# C'dale SI Cranks



## 19surf74 (Feb 1, 2009)

Where can I purchase a set of the BB30 C'dale SI cranks? Seems as thought they don't sell them anywhere?


----------



## STARNUT (Jun 19, 2005)

you local cannondale dealer.

KA015/[size]BLK or KA014/[size]BLK are your part numbers for standard or compact. You'll also need a BB (QC690).

Be ready for a 6-8 week wait (at a minimum).......... or try and find a dealer than has them in stock.

Starnut


----------



## Hello Kitty (Sep 8, 2006)

Dr.Cannondale  or eBay is gonna be your best bet the starnut guy hooked me up with some hard to find cannondale stuff a while back if you really want the cranks give him a shout he will help you out.


----------



## 19surf74 (Feb 1, 2009)

You guys know what kind of cost I'm looking at? I need the compact in Silver.


----------



## CHL (Jun 24, 2005)

If you're looking at purchasing brand new then the Hollowgram SLs run $735-$750. The spindle with the steel bearings around about $110 and about $170 with the ceramic bearings.

Hopefully supply has gotten better for them. The back order time exceeded several months last year. Hopefuly it's better now.

CHL


----------



## zamboni (Sep 11, 2003)

Good luck with silver Cannondale only offers in black version only.


----------



## Hello Kitty (Sep 8, 2006)

eBay is gonna be your best bet in the last couple weeks i've seen the hollowgram si cranks go for as little as $220 i've thrown down a few dummy bids around $160 range just incase i caught someone sleeping and i could pick off a set cheap.

if you really want a nice set your gonna have to bid around the $300+ range.

they did have a set of hollowgram si cranks and complete SRM IV go for $1100 yesterday and that is the lowest i've ever seen that happen normal range for the cannondale hollowgram SRM's is around $1700.


----------



## zamboni (Sep 11, 2003)

My is up for sale with ceramic bearing 50/34 09 Mark V rings less than 400 miles. If interest send me an email.


----------



## RoadBikeVirgin (Nov 21, 2008)

Sorry to thread jack a few WEEKS after the fact, but can any of you guys tell me whether or not the Si and/or Si SL cranks are supposed to come with pedal washers? My other bike has an '08 SRAM Red crankset, and that came with pedal washers. I bought the Si SL cranks used so I'm not sure where or not they are supposed to come with them.

Gracias!
-Chris


----------



## zamboni (Sep 11, 2003)

Chris,

I don't think mine came with the pedal washer, we might want to verify with Starnut.


----------



## RoadBikeVirgin (Nov 21, 2008)

zamboni said:


> Chris,
> 
> I don't think mine came with the pedal washer, we might want to verify with Starnut.

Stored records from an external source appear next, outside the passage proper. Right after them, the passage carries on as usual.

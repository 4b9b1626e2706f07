-- ===== src/Tree/Build/Placing.antt =====
-- tree.go: dir returns on every path.
use repo_man.Safepath.{slash, dot, parent_dir}
use repo_man.Tree.{holds}
use repo_man.Model.{Repo, Ghost, Owner, owner_rel, ghost_slug}
use repo_man.Tree.Build.{
  Builder, Placed, Input, place, place_found, each, after, add_dir, repo_placed, place_repo, hang,
  worktree_info, noted, place_worktree, cloned_slugs, ghost_path, ghost_placed, unless_taken,
  place_ghost, root_builder, with_paths, hang_all, place_all, new_info, attach_to, dir_found,
  trim_slashes, dir_node, dir_at, attach,
}
use repo_man.Tree.Build.Ancestors.{parent_dir-Ends, length-trim_slashes-le}
use repo_man.Model.Node.{Kind, Info, dir, repo, ghost}
use repo_man.Base.{
  ℕ, zero, suc, ◌≤◌, ◌≡◌, refl, ap, ◌∙◌, ◌⊎◌, inl, inr, Bool, true, false, not, ◌||◌, arith, List,
  [], ◌∷◌, Option, none, some, Str, Dict, eqb, lookup, length, trim, trim_left, trim_right,
  if◌then◌else◌, Bool-cases,
}

abbrev Some : {A : Type 0} → Option A → Type 0
Some {A = A} o = (x : A) × (o ≡ some x)

-- The test at which dir stops.
abbrev is_top : Str → Bool
is_top r = eqb r [] || eqb r dot

-- The fuel is enough for a path: two units more than its length, or one for a path at which dir stops.
abbrev IsEnough : ℕ → Str → Type 0
IsEnough fuel rel =
    (suc (suc (length (trim_slashes rel))) ≤ fuel)
    ⊎ ((1 ≤ fuel) × (is_top (trim_slashes rel) ≡ true))

stops_dot : is_top (trim_slashes dot) ≡ true
unfolding trim_slashes trim trim_right trim_left eqb
stops_dot = refl

stops_slash : is_top (trim_slashes (slash ∷ [])) ≡ true
unfolding trim_slashes trim trim_right trim_left eqb
stops_slash = refl

parent-IsEnough :
    (fuel : ℕ) (rel : Str)
    → IsEnough (suc fuel) rel
    → is_top (trim_slashes rel) ≡ false
    → IsEnough fuel (parent_dir (trim_slashes rel))
parent-IsEnough fuel rel (inr (f, t)) n = absurd (cc (t, n))
parent-IsEnough fuel rel (inl f) n = elim (parent_dir-Ends (trim_slashes rel)) [
  | inl l ↦ inl (omega (arith, f, l, length-trim_slashes-le (parent_dir (trim_slashes rel))))
  | inr (inl q) ↦ inr (omega (arith, f), ap (λ d. is_top (trim_slashes d)) q ∙ stops_dot)
  | inr (inr q) ↦ inr (omega (arith, f), ap (λ d. is_top (trim_slashes d)) q ∙ stops_slash)
]

found-Some :
    (rel : Str) (i : Info) (b : Builder) (parent : Option (ℕ × Builder)) (o : Option ℕ)
    → Some parent
    → Some (dir_found rel i b parent o)
unfolding attach_to
found-Some rel i b parent (some id) s = (_, refl)
found-Some rel i b none none (x, e) = absurd (cc (e))
found-Some rel i b (some (p, b')) none s = (_, refl)

-- With enough fuel dir returns a node.
dir_node-Some :
    (fuel : ℕ) (rel : Str) (b : Builder) → IsEnough fuel rel → Some (dir_node fuel rel b)
unfolding dir_node
dir_node-Some zero rel b (inl f) = absurd (omega (arith, f))
dir_node-Some zero rel b (inr (f, t)) = absurd (omega (arith, f))
dir_node-Some (suc fuel) rel b e = elim (Bool-cases (is_top (trim_slashes rel))) [
  | inl y ↦ rw y (_, refl)
  | inr y ↦ rw y (
      found-Some (trim_slashes rel) (new_info dir (trim_slashes rel) b) b _
        (lookup (trim_slashes rel) b.nodes)
        (dir_node-Some fuel (parent_dir (trim_slashes rel)) b (parent-IsEnough fuel rel e y)))
]

-- Two calls more than the path has characters are enough for dir.
dir_at-Some : (rel : Str) (b : Builder) → Some (dir_at rel b)
unfolding dir_at
dir_at-Some rel b =
    dir_node-Some (suc (suc (length rel))) rel b (inl (omega (arith, length-trim_slashes-le rel)))

attach_to-Some :
    (rel : Str) (i : Info) (o : Option (ℕ × Builder)) → Some o → Some (attach_to rel i o)
unfolding attach_to
attach_to-Some rel i none (x, e) = absurd (cc (e))
attach_to-Some rel i (some (p, b)) s = (_, refl)

attach-Some : (rel : Str) (i : Info) (b : Builder) → Some (attach rel i b)
unfolding attach
attach-Some rel i b =
    attach_to-Some rel i (dir_at (parent_dir rel) b) (dir_at-Some (parent_dir rel) b)

after-Some : (o : Option (ℕ × Builder)) → Some o → Some (after o)
after-Some none (x, e) = absurd (cc (e))
after-Some (some (id, b)) s = (b, refl)

place_found-Some :
    (rel : Str) (kind : Kind) (b : Builder) (o : Option ℕ) → Some (place_found rel kind b o)
place_found-Some rel kind b (some id) = (_, refl)
place_found-Some rel kind b none = attach-Some rel (new_info kind rel b) b

place-Some : (rel : Str) (kind : Kind) (b : Builder) → Some (place rel kind b)
unfolding place
place-Some rel kind b =
    place_found-Some (trim_slashes rel) kind b (lookup (trim_slashes rel) b.nodes)

each-Some :
    {A S : Type 0} (f : A → S → Option S) (xs : List A) (o : Option S)
    → ((x : A) (s : S) → Some (f x s))
    → Some o
    → Some (each f xs o)
each-Some f [] o h s = s
each-Some f (x ∷ xs) none h (s, e) = absurd (cc (e))
each-Some f (x ∷ xs) (some s) h e = each-Some f xs (f x s) h (h x s)

if-Some : {A : Type 0} (c : Bool) (x y : Option A) → Some x → Some y → Some (if c then x else y)
if-Some true x y s t = s
if-Some false x y s t = t

repo_placed-Some :
    (r : Repo) (paths : Dict ℕ) (o : Option (ℕ × Builder)) → Some o → Some (repo_placed r paths o)
repo_placed-Some r paths none (x, e) = absurd (cc (e))
repo_placed-Some r paths (some (id, b)) s = (_, refl)

place_repo-Some : (r : Repo) (p : Placed) → Some (place_repo r p)
unfolding place_repo
place_repo-Some r (b, paths) =
    if-Some r.is_worktree (some (b, paths)) _ ((b, paths), refl)
      (repo_placed-Some r paths (place r.rel repo b) (place-Some r.rel repo b))

hang-Some : (r : Repo) (b : Builder) (o : Option ℕ) → Some (hang r b o)
hang-Some r b (some parent) = (_, refl)
hang-Some r b none =
    after-Some (attach r.rel (worktree_info r) b) (attach-Some r.rel (worktree_info r) b)

place_worktree-Some : (paths : Dict ℕ) (r : Repo) (b : Builder) → Some (place_worktree paths r b)
unfolding place_worktree
place_worktree-Some paths r b =
    if-Some (not r.is_worktree) (some b) _ (b, refl)
      (hang-Some r (noted r b) (lookup r.main_path paths))

ghost_placed-Some : (g : Ghost) (o : Option (ℕ × Builder)) → Some o → Some (ghost_placed g o)
ghost_placed-Some g none (x, e) = absurd (cc (e))
ghost_placed-Some g (some (id, b)) s = (_, refl)

unless_taken-Some : (g : Ghost) (b : Builder) (o : Option ℕ) → Some (unless_taken g b o)
unless_taken-Some g b (some id) = (b, refl)
unless_taken-Some g b none =
    ghost_placed-Some g (place (ghost_path g) ghost b) (place-Some (ghost_path g) ghost b)

place_ghost-Some : (cloned : Dict Bool) (g : Ghost) (b : Builder) → Some (place_ghost cloned g b)
unfolding place_ghost
place_ghost-Some cloned g b =
    if-Some (holds (lookup (ghost_slug g) cloned)) (some b) _ (b, refl)
      (unless_taken-Some g b (lookup (ghost_path g) b.nodes))

with_paths-Some : (o : Option Builder) → Some o → Some (with_paths o)
with_paths-Some none (x, e) = absurd (cc (e))
with_paths-Some (some b) s = (_, refl)

hang_all-Some : (input : Input) (o : Option Placed) → Some o → Some (hang_all input o)
hang_all-Some input none (x, e) = absurd (cc (e))
hang_all-Some input (some (b, paths)) s =
    each-Some (place_ghost (cloned_slugs input.repos [])) input.ghosts _
      (place_ghost-Some (cloned_slugs input.repos []))
      (each-Some (place_worktree paths) input.repos (some b) (place_worktree-Some paths) (b, refl))

add_dir-Some : (rel : Str) (b : Builder) → Some (add_dir rel b)
unfolding add_dir
add_dir-Some rel b = after-Some (dir_at rel b) (dir_at-Some rel b)

-- Build places every node and ends: its calls of dir, each with two units of fuel more than its
-- path has characters, all return, whatever the paths, the store and the order of the input.
pub place_all_returns : (input : Input) → (b : Builder) × (place_all input ≡ some b)
unfolding place_all
place_all_returns input =
    let first =
      each-Some add_dir input.dirs (some (root_builder input.root)) add_dir-Some
        (root_builder input.root, refl) in
    let second =
      each-Some (λ (o : Owner). add_dir (owner_rel o)) input.owners _
        (λ o. add_dir-Some (owner_rel o)) first in
    hang_all-Some input _
      (each-Some place_repo input.repos _ place_repo-Some (with_paths-Some _ second))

That's kind of what I was HOPING for but I didn't want to DIRECTLY call him out or disturb him, as I'm sure I'll have a half a dozen "more important" questions to ask him in the not-so-distant future 

My LBS said the pedal washers are just for idiots that tend to over-tighten things. I immediately said "that's me" and proceeded to draw as much attention to my idiotic self as possible 

When I recently ordered two pairs of Look Keos, I was assuming they'd come with pedal washers, but they didn't. My LBS said they come with cranksets, not pedals.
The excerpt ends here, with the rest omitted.